> _ABOUT THIS EXERCISE_:
Which lines of the entries below contain the string "both"? Copy each one.

> _EXERCISE MATERIAL_:
════════════════════

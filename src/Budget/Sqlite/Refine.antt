-- ===== src/Budget/Sqlite/Refine.antt =====
-- `SQLiteBudgetLedger` of src/ai_trading_team/storage/ai_budget.py against `InMemoryBudgetLedger` of
-- src/ai_trading_team/runtime/budget.py: every operation of the one is that of the other.
use my_team_tradding.Budget.Ledger.{
  Ledger, check_limits, put, require, reserve_if_within, settle, transition,
}
use my_team_tradding.Budget.Sqlite.{
  Table, inserted, is_found, is_row, select_one, sqlite_get, sqlite_require, sqlite_reserve,
  sqlite_settle, sqlite_transition, write_row,
}
use my_team_tradding.Budget.Sqlite.Loaded.{
  IsUnique, SameIdentity, append-loaded, get-loaded, has_any_attempt-loaded, has_attempt-loaded,
  has_key-loaded, loaded, loaded_result, update-loaded, update_reads, values-loaded,
}
use my_team_tradding.Budget.Types.{
  AiBudgetPolicy, BudgetFault, BudgetReservation, BudgetReservationState, Calendar, dispatched,
  key_error, same_state, settled,
}
use my_team_tradding.Decimal.{Decimal}
use my_team_tradding.Prelude.{
  Bool, Bool-cases, Option, String, [], ap, false, if◌then◌else◌, inl, inr, ltb, none, not,
  or-eq-false, refl, some, str_eq, sym, true, ℕ, ◌&&◌, ◌++◌, ◌-◌, ◌==◌, ◌||◌, ◌∙◌, ◌∷◌, ◌≡◌,
}
use my_team_tradding.Prelude.Int.{ltb_ℤ, pos}
use my_team_tradding.Prelude.Result.{Result, err, ok, ◌>>=◌}

-- A guard that both sides have, and the rest behind it.
same_guard :
    (b : Bool) (e : BudgetFault) (m : Result BudgetFault (BudgetReservation × Ledger))
    (m' : Result BudgetFault (BudgetReservation × Table))
    → (b ≡ false → m ≡ loaded_result m')
    → (if b then err e else m) ≡ loaded_result (if b then err e else m')
same_guard true e m m' h = refl
same_guard false e m m' h = h refl

same_rest :
    (m : Result BudgetFault (Unit {0})) (r : BudgetReservation) (l : Ledger) (t : Table)
    → loaded t ≡ l
    → (m >>= λ _. ok (r, l)) ≡ loaded_result (m >>= λ _. ok (r, t))
same_rest (ok u) r l t h = ap (λ x. ok (r, x)) (sym h)
same_rest (err e) r l t h = refl

pub is_found-eq-false : (o : Option BudgetReservation) → is_found o ≡ false → o ≡ none
is_found-eq-false none h = refl
is_found-eq-false (some r) h = cc

module _ (cal : Calendar) (policy : AiBudgetPolicy) where
  inserted-loaded :
      (r : BudgetReservation) (t : Table)
      → r.settled_amount ≡ none
      → select_one (is_row r.invocation_id r.attempt_number) t ≡ none
      → loaded (t ++ (inserted r ∷ [])) ≡ put (r.invocation_id, r.attempt_number) r (loaded t)
  inserted-loaded r t unsettled absent =
      let same : inserted r ≡ r = ap (λ x. record r { settled_amount = x }) (sym unsettled) in
      ap (λ x. loaded (t ++ (x ∷ []))) same ∙ append-loaded r t absent

  -- Reserving in the database answers as reserving in memory does, with the same errors, for a
  -- reservation that holds no settled amount yet.
  pub sqlite_reserve-refines :
      (r : BudgetReservation) (t : Table)
      → r.settled_amount ≡ none
      → reserve_if_within cal r policy (loaded t) ≡ loaded_result (sqlite_reserve cal r policy t)
  unfolding reserve_if_within sqlite_reserve
  sqlite_reserve-refines r t unsettled =
      let i = r.invocation_id in
      let n = r.attempt_number in
      let taken = is_found (select_one (is_row i n) t) in
      rw
        (
          has_key-loaded i n t,
          has_any_attempt-loaded i t,
          has_attempt-loaded i (n - 1) t,
          values-loaded t,
        )
        (same_guard
          (taken || (n == 1 && is_found (select_one (λ row. str_eq row.invocation_id i) t))) _ _ _
          (λ fresh.
            same_guard (ltb 1 n && not (is_found (select_one (is_row i (n - 1)) t))) _ _ _ (λ next.
              same_rest (check_limits cal t r policy) r _ _ (
                inserted-loaded r t unsettled
                  (is_found-eq-false _ ((or-eq-false taken _ fresh).0))))))

-- A row that both sides require, and the rest behind it.
same_require :
    (o o' : Option BudgetReservation)
    (f : BudgetReservation → Result BudgetFault (BudgetReservation × Ledger))
    (f' : BudgetReservation → Result BudgetFault (BudgetReservation × Table))
    → o ≡ o'
    → ((r : BudgetReservation) → o' ≡ some r → f r ≡ loaded_result (f' r))
    → ((elim o [ none ↦ err key_error | some r ↦ ok r ]) >>= f)
      ≡ loaded_result ((elim o' [ none ↦ err key_error | some r ↦ ok r ]) >>= f')
same_require o none f f' e h = ap (λ x. (elim x [ none ↦ err key_error | some r ↦ ok r ]) >>= f) e
same_require o (some r) f f' e h =
    ap (λ x. (elim x [ none ↦ err key_error | some r ↦ ok r ]) >>= f) e ∙ h r refl

reread :
    (o : Option BudgetReservation) (v : BudgetReservation) (l : Ledger) (t : Table)
    → o ≡ some v
    → loaded t ≡ l
    → ok (v, l)
      ≡ loaded_result ((elim o [ none ↦ err key_error | some r ↦ ok r ]) >>= λ row. ok (row, t))
reread none v l t e h = cc
reread (some r) v l t e h = cc

-- A write to the row that was read, and the row read again.
write_row-loaded :
    (i : String) (n : ℕ) (f : BudgetReservation → BudgetReservation) (t : Table)
    (r : BudgetReservation)
    → SameIdentity f
    → IsUnique t
    → select_one (is_row i n) t ≡ some r
    → ok (f r, put (i, n) (f r) (loaded t)) ≡ loaded_result (write_row i n f t)
unfolding write_row sqlite_require sqlite_get
write_row-loaded i n f t r keeps unique found =
    reread _ (f r) _ _
      (update_reads (is_row i n) f t r (λ u. rw ((keeps u).0, (keeps u).1) refl) found)
      (update-loaded i n f t r keeps unique found)

-- A change of state in the database is the change of state in memory, with the same errors.
pub sqlite_transition-refines :
    (i : String) (n : ℕ) (expected target : BudgetReservationState) (at : ℕ) (t : Table)
    → IsUnique t
    → transition (i, n) expected target at (loaded t)
      ≡ loaded_result (sqlite_transition i n expected target at t)
unfolding transition require sqlite_transition sqlite_require sqlite_get
sqlite_transition-refines i n expected target at t unique =
    same_require _ _ _ _ (get-loaded i n t) (λ r found.
      elim (Bool-cases (same_state r.state expected)) [
        | inl same ↦ rw same (
            write_row-loaded i n (λ row. record row { state = target; updated_at = at }) t r
              (λ u. (refl, refl)) unique found)
        | inr other ↦ rw other refl
      ])

-- Settling in the database is settling in memory, with the same errors.
pub sqlite_settle-refines :
    (i : String) (n : ℕ) (amount : Decimal) (at : ℕ) (t : Table)
    → IsUnique t
    → settle (i, n) amount at (loaded t) ≡ loaded_result (sqlite_settle i n amount at t)
unfolding settle require sqlite_settle sqlite_require sqlite_get
sqlite_settle-refines i n amount at t unique = same_require _ _ _ _ (get-loaded i n t) (λ r found.
    same_guard (not (same_state r.state dispatched)) _ _ _ (λ is_dispatched.
      same_guard (ltb_ℤ amount (pos 0) || ltb_ℤ r.reserved_amount amount) _ _ _ (λ is_in_range.
        write_row-loaded i n
          (λ row. record row { state = settled; settled_amount = some amount; updated_at = at }) t r
          (λ u. (refl, refl)) unique found)))
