-- ===== src/Budget/Sqlite/Unique.antt =====
-- The primary key of the table of src/ai_trading_team/storage/ai_budget.py: what an insertion and an
-- update do to it.
use my_team_tradding.Budget.Ledger.{check_limits}
use my_team_tradding.Budget.Sqlite.{
  Table, inserted, is_found, is_row, select_one, sqlite_require, sqlite_reserve, sqlite_settle,
  sqlite_transition, update_rows, write_row,
}
use my_team_tradding.Budget.Sqlite.Loaded.{IsUnique, SameIdentity}
use my_team_tradding.Budget.Sqlite.Refine.{is_found-eq-false}
use my_team_tradding.Budget.Types.{
  AiBudgetPolicy, BudgetReservation, BudgetReservationState, Calendar, dispatched, same_state,
  settled,
}
use my_team_tradding.Decimal.{Decimal}
use my_team_tradding.Prelude.{
  Bool, Bool-cases, String, [], ap, arith, false, inl, inr, ltb, none, not, or-eq-false, refl, some,
  str_eq, str_eq_iff, subst, sym, ℕ, ◌&&◌, ◌++◌, ◌-◌, ◌==◌, ◌||◌, ◌∙◌, ◌∷◌, ◌≡◌,
}
use my_team_tradding.Prelude.Int.{ltb_ℤ, pos}
use my_team_tradding.Prelude.Result.{>>=-returned, ok, ok-injective, passed-eq-ok, refused-eq-ok}

select_one-append :
    (p : BudgetReservation → Bool) (r : BudgetReservation) (t : Table)
    → select_one p t ≡ none
    → p r ≡ false
    → select_one p (t ++ (r ∷ [])) ≡ none
unfolding select_one
select_one-append p r [] h other = rw other refl
select_one-append p r (u ∷ t) h other = elim (Bool-cases (p u)) [
  | inl same ↦ cc (rw same at h)
  | inr past ↦ rw past (select_one-append p r t (rw past at h) other)
]

is_row_comm :
    (r u : BudgetReservation)
    → is_row r.invocation_id r.attempt_number u ≡ is_row u.invocation_id u.attempt_number r
is_row_comm r u =
    ground (
      arith,
      str_eq_iff u.invocation_id r.invocation_id,
      str_eq_iff r.invocation_id u.invocation_id,
    )

IsUnique-append :
    (r : BudgetReservation) (t : Table)
    → select_one (is_row r.invocation_id r.attempt_number) t ≡ none
    → IsUnique t
    → IsUnique (t ++ (r ∷ []))
unfolding select_one
IsUnique-append r [] h unique = (refl, tt)
IsUnique-append r (u ∷ t) h unique = elim (Bool-cases (is_row r.invocation_id r.attempt_number u)) [
  | inl same ↦ cc (rw same at h)
  | inr other ↦ (
    select_one-append _ r t unique.0 (sym (is_row_comm r u) ∙ other),
    IsUnique-append r t (rw other at h) unique.1,
  )
]

select_one-update :
    (p q : BudgetReservation → Bool) (f : BudgetReservation → BudgetReservation) (t : Table)
    → ((u : BudgetReservation) → p (f u) ≡ p u)
    → select_one p t ≡ none
    → select_one p (update_rows q f t) ≡ none
unfolding select_one update_rows
select_one-update p q f [] keeps h = refl
select_one-update p q f (u ∷ t) keeps h = elim (Bool-cases (p u)) [
  | inl same ↦ cc (rw same at h)
  | inr other ↦ elim (Bool-cases (q u)) [
    | inl chosen ↦ rw (chosen, keeps u, other) (select_one-update p q f t keeps (rw other at h))
    | inr past ↦ rw (past, other) (select_one-update p q f t keeps (rw other at h))
  ]
]

IsUnique-update :
    (q : BudgetReservation → Bool) (f : BudgetReservation → BudgetReservation) (t : Table)
    → SameIdentity f
    → IsUnique t
    → IsUnique (update_rows q f t)
unfolding update_rows
IsUnique-update q f [] keeps unique = tt
IsUnique-update q f (u ∷ t) keeps unique =
    let rest =
      select_one-update (is_row u.invocation_id u.attempt_number) q f t
        (λ v. rw ((keeps v).0, (keeps v).1) refl) unique.0 in
    elim (Bool-cases (q u)) [
      | inl chosen ↦
          rw (chosen, (keeps u).0, (keeps u).1) (rest, IsUnique-update q f t keeps unique.1)
      | inr past ↦ rw past (rest, IsUnique-update q f t keeps unique.1)
    ]

pub sqlite_reserve-IsUnique :
    (cal : Calendar) (r v : BudgetReservation) (policy : AiBudgetPolicy) (t t' : Table)
    → IsUnique t
    → sqlite_reserve cal r policy t ≡ ok (v, t')
    → IsUnique t'
unfolding sqlite_reserve
sqlite_reserve-IsUnique cal r v policy t t' unique h =
    let i = r.invocation_id in
    let n = r.attempt_number in
    let taken = is_found (select_one (is_row i n) t) in
    let (fresh, h1) =
      refused-eq-ok
        (taken || (n == 1 && is_found (select_one (λ row. str_eq row.invocation_id i) t))) _ _ _
        h in
    let (next, h2) =
      refused-eq-ok (ltb 1 n && not (is_found (select_one (is_row i (n - 1)) t))) _ _ _ h1 in
    let (u, checked, written) = >>=-returned (check_limits cal t r policy) _ h2 in
    subst IsUnique (ap (λ p. p.1) (ok-injective written))
      (IsUnique-append (inserted r) t (is_found-eq-false _ ((or-eq-false taken _ fresh).0)) unique)

write_row-IsUnique :
    (i : String) (n : ℕ) (f : BudgetReservation → BudgetReservation) (t t' : Table)
    (v : BudgetReservation)
    → SameIdentity f
    → IsUnique t
    → write_row i n f t ≡ ok (v, t')
    → IsUnique t'
unfolding write_row
write_row-IsUnique i n f t t' v keeps unique h =
    let (row, found, written) =
      >>=-returned (sqlite_require i n (update_rows (is_row i n) f t)) _ h in
    subst IsUnique (ap (λ p. p.1) (ok-injective written)) (IsUnique-update _ f t keeps unique)

pub sqlite_transition-IsUnique :
    (i : String) (n : ℕ) (expected target : BudgetReservationState) (at : ℕ) (t t' : Table)
    (v : BudgetReservation)
    → IsUnique t
    → sqlite_transition i n expected target at t ≡ ok (v, t')
    → IsUnique t'
unfolding sqlite_transition
sqlite_transition-IsUnique i n expected target at t t' v unique h =
    let (row, found, rest) = >>=-returned (sqlite_require i n t) _ h in
    let (same, written) = passed-eq-ok (same_state row.state expected) _ _ _ rest in
    write_row-IsUnique i n (λ u. record u { state = target; updated_at = at }) t t' v
      (λ u. (refl, refl)) unique written

pub sqlite_settle-IsUnique :
    (i : String) (n : ℕ) (amount : Decimal) (at : ℕ) (t t' : Table) (v : BudgetReservation)
    → IsUnique t
    → sqlite_settle i n amount at t ≡ ok (v, t')
    → IsUnique t'
unfolding sqlite_settle
sqlite_settle-IsUnique i n amount at t t' v unique h =
    let (row, found, rest) = >>=-returned (sqlite_require i n t) _ h in
    let (same, rest1) = refused-eq-ok (not (same_state row.state dispatched)) _ _ _ rest in
    let (bound, written) =
      refused-eq-ok (ltb_ℤ amount (pos 0) || ltb_ℤ row.reserved_amount amount) _ _ _ rest1 in
    write_row-IsUnique i n
      (λ u. record u { state = settled; settled_amount = some amount; updated_at = at }) t t' v
      (λ u. (refl, refl)) unique written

════════════════════

> _ANSWER FOR THIS EXERCISE_:
-- A guard that both sides have, and the rest behind it.
-- A row that both sides require, and the rest behind it.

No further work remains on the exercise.